+++ Listed records

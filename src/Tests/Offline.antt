-- ===== src/Tests/Offline.antt =====
-- A run of the theorem on a message that is sent while nobody listens.
use knock.Prelude.{
  ◌≤◌, ◌≡◌, refl, true, false, ◌||◌, ◌==◌, none, some, [], ◌∷◌, ◌++◌, codes, eq_bytes, length,
  lookup, arith, if◌then◌else◌,
}
use knock.Protocol.Id.{valid_queue_id, decode_hex}
use knock.Protocol.Envelope.{
  Envelope, marshal, new_envelope, sealed, struct_text, type_deliver, type_sub, type_send, type_ack,
  ack_message,
}
use knock.Server.Store.{Store, StoredMessage, save_message, undelivered, touch_queue}
use knock.Server.Store.Order.{order_by_ts}
use knock.Server.Store.Effects.{row}
use knock.Server.Run.{ok, short_log}
use knock.Server.Channel.{capacity, fresh, send_envelope, encode, offer}
use knock.Server.Channel.Offers.{IsLive}
use knock.Server.Hub.State.{Hub, QueueState, found, find_queue}
use knock.Server.Hub.Handle.{incoming, message_id, handle_sub, handle_send}
use knock.Server.Hub.Handle.Mail.{replayed}
use knock.Server.Hub.Handle.Subscribe.{IsOpen, greeting}
use knock.Server.Hub.Handle.Offline.{Has, send_then_sub}
use knock.Tests.{json, calm, noon, queue_a, hello, tables, command, quoted, row_a, row_b}

-- Connections 2 and 3 are there, and nobody subscribes.
abbrev unread : QueueState
unread = record { owner = none; sub = none }

abbrev quiet : Hub
quiet = record {
  store = tables;
  clients = λ c. c == 2 || c == 3;
  queues = (queue_a, unread) ∷ [];
  chans = λ _. fresh;
}

abbrev letter : Envelope
letter = command type_send queue_a (codes "message7")

abbrev sub_a : Envelope
sub_a = command type_sub queue_a []

abbrev stored : StoredMessage
stored = record { mid = codes "message7"; qid = queue_a; payload = codes "{}"; ts = 5000 }

-- The message is saved, and its sender has the ACK.
abbrev receipt : Envelope
receipt =
    sealed 5000 type_ack queue_a (codes "message7")
      (struct_text quoted (ack_message (codes "message7")))

abbrev after : Hub
after = record quiet {
  store = record {
    queues = record row_a { last_active = 5000 } ∷ row_b ∷ [];
    messages = tables.messages ++ row stored ∷ [];
  };
  chans = λ c. if 2 == c then record { buffer = receipt ∷ []; closed = false } else fresh;
}

sends : handle_send json noon 2 letter quiet ≡ ok after
unfolding handle_send valid_queue_id decode_hex lookup eq_bytes send_envelope new_envelope encode
    struct_text offer save_message touch_queue message_id short_log
sends = refl

valid_a : valid_queue_id queue_a ≡ true
unfolding valid_queue_id decode_hex
valid_a = refl

unread_before : find_queue noon queue_a quiet ≡ found unread quiet
unfolding find_queue lookup eq_bytes
unread_before = refl

entry_found : find_queue noon queue_a after ≡ found unread after
unfolding find_queue lookup eq_bytes
entry_found = refl

after-IsOpen : IsOpen after
after-IsOpen c e = ground arith

live_after : IsLive (after.chans 3)
live_after = record { open_ = refl; fits = omega arith }

listed_after : undelivered calm queue_a after.store ≡ some (hello ∷ stored ∷ [])
unfolding undelivered eq_bytes order_by_ts
listed_after = refl

room :
    length ((after.chans 3).buffer ++ greeting json noon 3 sub_a (hello ∷ stored ∷ [])) ≤ capacity
unfolding replayed new_envelope marshal struct_text
room = omega arith

mid_7 : message_id noon letter ≡ codes "message7"
unfolding message_id eq_bytes
mid_7 = refl

store_after : Store
store_after = record tables { messages = tables.messages ++ row stored ∷ [] }

saved_7 :
    save_message calm (incoming noon queue_a (message_id noon letter) letter) tables
    ≡ some store_after
unfolding save_message message_id eq_bytes store_after
saved_7 = refl

send_then_sub_example :
    (g : Hub) × (handle_sub json noon 3 sub_a after ≡ ok g)
    × Has
        (sealed 5000 type_deliver queue_a (message_id noon letter) (codes "{}"))
        (g.chans 3).buffer
send_then_sub_example =
    send_then_sub json noon 2 letter quiet quiet after unread store_after noon 3 sub_a after unread
      (hello ∷ stored ∷ []) (codes "{}") valid_a unread_before saved_7 (rw mid_7 (omega arith))
      (record { live = record { open_ = refl; fits = omega arith }; fits = λ d. omega arith }) tt
      sends refl entry_found refl after-IsOpen live_after listed_after refl room
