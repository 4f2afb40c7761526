-- ===== src/Tests/Runs.antt =====
-- Runs of the theorems on the server's loop: a client comes, sends a message and goes.
use knock.Prelude.{◌≡◌, ◌≢◌, refl, List, [], ◌∷◌, codes, eq_bytes, lookup, inl}
use knock.Protocol.Envelope.{type_send, parse, decoded, new_envelope, struct_text}
use knock.Server.Store.{queue_exists, save_message}
use knock.Server.Store.Writes.{In}
use knock.Server.Run.{ok, panic, close_of_closed, short_log}
use knock.Server.Hub.State.{Hub, World, new_hub}
use knock.Server.Hub.Handle.{handle}
use knock.Server.Channel.{read_round, send_envelope, encode, offer}
use knock.Protocol.Id.{valid_queue_id, decode_hex}
use knock.Prelude.Int.{eq_int}
use knock.Server.Hub.Loop.{Event, connects, leaves, frame, writes, run}
use knock.Server.Hub.Loop.Durable.{NoAck, run_keeps_message}
use knock.Server.Hub.Loop.Tidy.{IsTidy, run-IsTidy, run-no_double_close}
use knock.Tests.{json, returned, noon, queue_a, hello_row, tables, command}

abbrev visit : List (World × Event)
visit =
    (noon, connects 7)
    ∷ (noon, frame 7 (decoded (command type_send queue_a (codes "message9"))))
    ∷ (noon, writes 7)
    ∷ (noon, leaves 7)
    ∷ []

abbrev visited : Hub
visited = returned (new_hub tables) (run json visit (new_hub tables))

visited_returns : run json visit (new_hub tables) ≡ ok visited
unfolding run new_hub read_round eq_int eq_bytes handle valid_queue_id decode_hex lookup
    queue_exists save_message short_log send_envelope new_envelope encode struct_text offer
visited_returns = refl

visit-NoAck : NoAck hello_row.mid visit
unfolding parse eq_int eq_bytes
visit-NoAck = ((λ e. cc), ((λ e. cc), ((λ e. cc), ((λ e. cc), tt))))

run_keeps_message_example : In hello_row visited.store.messages
run_keeps_message_example =
    run_keeps_message json hello_row visit (new_hub tables) visited visit-NoAck
      (unfold new_hub in inl refl) visited_returns

run-no_double_close_example : run json visit (new_hub tables) ≢ panic close_of_closed
run-no_double_close_example = run-no_double_close json tables visit

run-IsTidy_example : IsTidy visited
run-IsTidy_example = run-IsTidy json tables visit visited visited_returns
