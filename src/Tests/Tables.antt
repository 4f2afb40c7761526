-- ===== src/Tests/Tables.antt =====
-- Runs of the theorems on server/store.go.
use knock.Prelude.{
  false, eq_bytes, ℕ, ◌≡◌, refl, true, some, List, [], ◌∷◌, map, codes, select, ◌==◌,
}
use knock.Server.Store.{
  Faults, checking_keys, sweeping_delivered, Store, StoredMessage, MessageRow, sweep, undelivered,
  pending,
}
use knock.Server.Store.References.{Refers, sweep-Refers}
use knock.Server.Store.Order.{IsOrdered}
use knock.Server.Store.Sweeps.{kept, dropped, sweep_lem, undelivered_lem}
use knock.Tests.{calm, queue_a, row_b, hello_row, tables}

abbrev old_delivered : MessageRow
old_delivered = record {
  message = record { mid = codes "message2"; qid = row_b.qid; payload = codes "1"; ts = 10 };
  delivered = true;
  delivered_at = some 20;
}

abbrev full_tables : Store
full_tables = record tables { messages = hello_row ∷ old_delivered ∷ [] }

sweep_lem_example :
    sweep calm 5000 1000 1000 full_tables
    ≡ (kept 5000 1000 1000 full_tables, some (dropped 5000 1000 1000 full_tables))
sweep_lem_example = sweep_lem calm 5000 1000 1000 full_tables refl refl refl

undelivered_lem_example :
    (ms : List StoredMessage) × (undelivered calm queue_a tables ≡ some ms)
    × IsOrdered (λ m. m.ts) ms
    × ((t : ℕ)
        → select (λ m. m.ts == t) ms
          ≡ map
              (λ r. r.message)
              (select (λ r. r.ts == t) (select (pending queue_a) tables.messages)))
undelivered_lem_example = undelivered_lem calm queue_a tables refl

-- The first queue has not been used for a week; no statement of the sweep checks foreign keys, and the last
-- one fails.
abbrev lax : Faults
lax checking_keys = true
lax sweeping_delivered = true
lax _ = false

tables-Refers : Refers full_tables
unfolding eq_bytes
tables-Refers = (refl, (refl, tt))

sweep-Refers_example : Refers (sweep lax 604901 604800 86400 full_tables).0
sweep-Refers_example = sweep-Refers lax 604901 604800 86400 full_tables tables-Refers
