-- ===== src/Tests/Vectors.antt =====
-- Runs of the theorem on crypto/genvectors/main.go.
use knock.Prelude.{
  codes, eq_bytes, length, if◌then◌else◌, arith, ◌≡◌, refl, true, false, some, Bytes,
}
use knock.Crypto.{Primitives, zeros, fingerprint, derive_key, encrypt, decrypt, sign}
use knock.Crypto.Vectors.{
  seed_a, seed_b, fixed_nonce, plaintext, fixed_aad, del_message, document, vectors,
}
use knock.Crypto.Vectors.Agree.{vectors_lem}
use knock.Tests.Invites.{some_bytes}
use knock.Tests.Keys.{primitives}

-- The curve of one point: every public half and every secret are the same bytes. The keys of the two
-- directions differ.
abbrev half : Bytes
half = some_bytes 32

abbrev key_of_info : Bytes → Bytes
key_of_info info = if eq_bytes info (codes "knock-m3-v1:a2b") then some_bytes 32 else zeros 32

length-key_of_info : (info : Bytes) → length (key_of_info info) ≡ 32
length-key_of_info info = ground arith

abbrev two_keys : Primitives
two_keys = record primitives {
  hkdf = λ secret info. key_of_info info;
  length-hkdf = λ secret info. length-key_of_info info;
}

vectors_lem_example :
    (vectors two_keys (λ b. b)
      ≡ some (
          document two_keys
            (λ b. b)
            half
            half
            half
            (zeros 32)
            plaintext
            (some_bytes 64)
            del_message
            (fingerprint two_keys half)))
    × (derive_key two_keys seed_a half true ≡ some half)
    × (derive_key two_keys seed_b half true ≡ some half)
    × (derive_key two_keys seed_a half false ≡ some (zeros 32))
    × (derive_key two_keys seed_b half false ≡ some (zeros 32))
    × (encrypt two_keys (some fixed_nonce) half plaintext fixed_aad ≡ some (plaintext, fixed_nonce))
    × (decrypt two_keys half plaintext fixed_aad fixed_nonce ≡ some plaintext)
vectors_lem_example =
    unfold sign eq_bytes in vectors_lem two_keys (λ b. b) half half half refl refl refl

++++++

■ Work item
How many lines in the records above contain the string "greeting"? State the number and nothing more.

■ Response to this exercise
2